:: PROBLEM REQUIREMENTS ::
In the lines below, the string "false" may appear; say how many lines hold it and give nothing more.

Data excerpts

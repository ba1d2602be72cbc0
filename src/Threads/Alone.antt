-- ===== src/Threads/Alone.antt =====
-- The operations alone: without other threads, the program of an operation does what the operation does,
-- and then what follows it (agente_c/src/resource_manager.c, agente_c/src/tabla_jobs.c).
pub mod Requests
pub mod Events
use tp_sist_op.Prelude.{
  ℕ, zero, suc, Bool, true, false, List, [], ◌∷◌, Option, none, some, ◌≡◌, refl, ◌∙◌, ap, inl, inr,
  if◌then◌else◌, length, Bool-cases, Option-cases,
}
use tp_sist_op.Prelude.Int.{ℤ}
use tp_sist_op.ResourceTypes.{Resource, cpu, mem, gpu}
use tp_sist_op.Queue.{
  ColaPendingRequest, PendingRequest, Origin, queue_delete_by_job_id, queue_delete_by_conn,
}
use tp_sist_op.Jobs.{
  Allocation, Job, Result, Message, is_local_granted, is_remote, tabla_jobs_verificar,
  tabla_jobs_cambio_alloc, tabla_jobs_extract_by_id,
}
use tp_sist_op.Conns.{tabla_conns_lookup}
use tp_sist_op.Manager.{
  ResourceManager, Dest, recurso, set_recurso, send_message, reserve_resource, can_serve, take_off,
  notify, serve_top, serve, accepts, give_back, release_resource, each_cola, with_cola,
  limpiar_colas_por_id, limpiar_colas_por_conn,
}
use tp_sist_op.Manager.Handlers.{release_remote, drop_alloc, drop_allocs, tabla_jobs_remove}
use tp_sist_op.Threads.{Prog, alone}
use tp_sist_op.Threads.Calls.{
  lock_tabla_if, unlock_tabla_if, send_message_prog, reserve_resource_prog, notify_prog,
  serve_top_prog, serve_prog, release_resource_prog, clean_prog, limpiar_colas_prog,
  limpiar_colas_por_id_prog, limpiar_colas_por_conn_prog, lookup_prog, release_remote_prog,
  drop_alloc_prog, drop_allocs_prog, allocations_of, unlink_by_id, tabla_jobs_remove_prog,
}

pub alone-lock_tabla_if :
    (b : Bool) (k : Prog) (m : ResourceManager) → alone (lock_tabla_if b k) m ≡ alone k m
unfolding alone lock_tabla_if
alone-lock_tabla_if true k m = refl
alone-lock_tabla_if false k m = refl

pub alone-unlock_tabla_if :
    (b : Bool) (k : Prog) (m : ResourceManager) → alone (unlock_tabla_if b k) m ≡ alone k m
unfolding alone unlock_tabla_if
alone-unlock_tabla_if true k m = refl
alone-unlock_tabla_if false k m = refl

pub alone-send_message :
    (c : ℕ) (d : Dest) (msg : Message) (k : Prog) (m : ResourceManager)
    → alone (send_message_prog c d msg k) m ≡ alone k (send_message c d msg m)
unfolding alone send_message_prog
alone-send_message c d msg k m = refl

pub alone-reserve_resource :
    (t : Resource) (n id : ℤ) (c : ℕ) (o : Origin) (k : Result → Prog) (m : ResourceManager)
    → alone (reserve_resource_prog t n id c o k) m
      ≡ alone (k (reserve_resource t n id c o m).1) (reserve_resource t n id c o m).0
unfolding alone reserve_resource_prog
alone-reserve_resource t n id c o k m = refl

alone-notify :
    (t : Resource) (p : PendingRequest) (k : Prog) (m : ResourceManager)
    → alone (notify_prog t p k) m ≡ alone k (notify t p m)
unfolding alone notify_prog notify send_message_prog
alone-notify t p k m = go p.origen
  where
    go :
        (o : Origin)
        → alone (notify_prog t (record p { origen = o }) k) m
          ≡ alone k (notify t (record p { origen = o }) m)
    go Origin.remote = refl
    go Origin.local =
        elim (Bool-cases (
          tabla_jobs_verificar (tabla_jobs_cambio_alloc m.tabla p.job_id p.owner_conn t)
            p.job_id)) [ inl e ↦ rw (e, alone) refl | inr e ↦ rw (e, alone) refl ]

alone-serve_top :
    (t : Resource) (k : Prog) (m : ResourceManager)
    → alone (serve_top_prog t k) m ≡ alone k (serve_top t m)
unfolding alone serve_top_prog serve_top
alone-serve_top t k m = elim (Option-cases (take_off (recurso t m)).1) [
  | inl e ↦ rw (e, alone, serve_top) refl
  | inr (p, e) ↦
      rw (e, alone, serve_top) (alone-notify t p k (set_recurso t (take_off (recurso t m)).0 m))
]

alone-serve :
    (fuel : ℕ) (t : Resource) (k : Prog) (m : ResourceManager)
    → alone (serve_prog fuel t k) m ≡ alone k (serve fuel t m)
unfolding alone serve_prog serve
alone-serve zero t k m = refl
alone-serve (suc fuel) t k m = elim (Bool-cases (can_serve (recurso t m))) [
  | inl e ↦
      rw (e, alone, serve)
        (alone-serve_top t (serve_prog fuel t k) m ∙ alone-serve fuel t k (serve_top t m))
  | inr e ↦ rw (e, alone, serve) refl
]

pub alone-release_resource :
    (t : Resource) (n : ℤ) (b : Bool) (k : Prog) (m : ResourceManager)
    → alone (release_resource_prog t n b k) m ≡ alone k (release_resource t n m)
unfolding alone release_resource_prog release_resource
alone-release_resource t n b k m =
    alone-lock_tabla_if b _ m ∙ elim (Bool-cases (accepts (recurso t m) n)) [
      | inl e ↦
          rw (e, alone)
            (alone-serve (length (recurso t m).cola.nodes) t _
                (set_recurso t (give_back (recurso t m) n) m)
              ∙ alone-unlock_tabla_if b k _)
      | inr e ↦ rw (e, alone) (alone-unlock_tabla_if b k m)
    ]

alone-limpiar_colas :
    (f : ColaPendingRequest → ColaPendingRequest) (k : Prog) (m : ResourceManager)
    → alone (limpiar_colas_prog f k) m ≡ alone k (each_cola f m)
unfolding alone limpiar_colas_prog clean_prog each_cola set_recurso recurso
alone-limpiar_colas f k m = refl

pub alone-limpiar_colas_por_id :
    (id : ℤ) (k : Prog) (m : ResourceManager)
    → alone (limpiar_colas_por_id_prog id k) m ≡ alone k (limpiar_colas_por_id id m)
unfolding limpiar_colas_por_id_prog limpiar_colas_por_id
alone-limpiar_colas_por_id id k m = alone-limpiar_colas (λ c. queue_delete_by_job_id c id) k m

pub alone-limpiar_colas_por_conn :
    (c : ℕ) (k : Prog) (m : ResourceManager)
    → alone (limpiar_colas_por_conn_prog c k) m ≡ alone k (limpiar_colas_por_conn c m)
unfolding limpiar_colas_por_conn_prog limpiar_colas_por_conn
alone-limpiar_colas_por_conn c k m = alone-limpiar_colas (λ q. queue_delete_by_conn q c) k m

pub alone-lookup :
    (ip : List ℕ) (k : Option ℕ → Prog) (m : ResourceManager)
    → alone (lookup_prog ip k) m ≡ alone (k (tabla_conns_lookup m.conns ip)) m
unfolding alone lookup_prog
alone-lookup ip k m = refl

alone-release_remote :
    (id : ℤ) (a : Allocation) (k : Prog) (m : ResourceManager)
    → alone (release_remote_prog id a k) m ≡ alone k (release_remote id a m)
unfolding alone release_remote_prog release_remote lookup_prog send_message_prog
alone-release_remote id a k m = elim (Option-cases (tabla_conns_lookup m.conns a.ip)) [
  | inl e ↦ rw (e, alone, release_remote) refl
  | inr (c, e) ↦ rw (e, alone, release_remote) refl
]

alone-drop_alloc :
    (id : ℤ) (b : Bool) (a : Allocation) (k : Prog) (m : ResourceManager)
    → alone (drop_alloc_prog id b a k) m ≡ alone k (drop_alloc id a m)
unfolding drop_alloc_prog drop_alloc
alone-drop_alloc id b a k m = elim (Bool-cases (is_local_granted a)) [
  | inl here ↦ rw here (alone-release_resource a.name a.amount b k m)
  | inr other ↦ rw other (elim (Bool-cases (is_remote a)) [
    | inl far ↦ rw far (alone-release_remote id a k m)
    | inr waits ↦ rw waits refl
  ])
]

pub alone-drop_allocs :
    (id : ℤ) (b : Bool) (l : List Allocation) (k : Prog) (m : ResourceManager)
    → alone (drop_allocs_prog id b l k) m ≡ alone k (drop_allocs id l m)
unfolding drop_allocs_prog drop_allocs
alone-drop_allocs id b [] k m = refl
alone-drop_allocs id b (a ∷ l) k m =
    alone-drop_alloc id b a (drop_allocs_prog id b l k) m
    ∙ alone-drop_allocs id b l k (drop_alloc id a m)

pub alone-tabla_jobs_remove :
    (id : ℤ) (b : Bool) (k : Prog) (m : ResourceManager)
    → alone (tabla_jobs_remove_prog id b k) m ≡ alone k (tabla_jobs_remove id m)
unfolding alone tabla_jobs_remove_prog tabla_jobs_remove unlink_by_id allocations_of
alone-tabla_jobs_remove id b k m =
    alone-lock_tabla_if b _ m
    ∙ alone-unlock_tabla_if b _ (unlink_by_id id m)
    ∙ alone-drop_allocs id b (allocations_of found) k (unlink_by_id id m)
    ∙ go found
  where
    found : Option Job
    found = (tabla_jobs_extract_by_id m.tabla id).1

    go :
        (o : Option Job)
        → alone k (drop_allocs id (allocations_of o) (unlink_by_id id m))
          ≡ alone k (elim o [
            | none ↦ unlink_by_id id m
            | some job ↦ drop_allocs id job.confirmadas (unlink_by_id id m)
          ])
    go none = unfold drop_allocs in refl
    go (some job) = refl

-- What the program of each operation does alone.
pub ruleset alone_rules = (
  alone-lock_tabla_if, alone-unlock_tabla_if, alone-send_message, alone-reserve_resource,
  alone-release_resource, alone-limpiar_colas_por_id, alone-limpiar_colas_por_conn, alone-lookup,
  alone-drop_allocs, alone-tabla_jobs_remove,
)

:: SOLUTION ::
3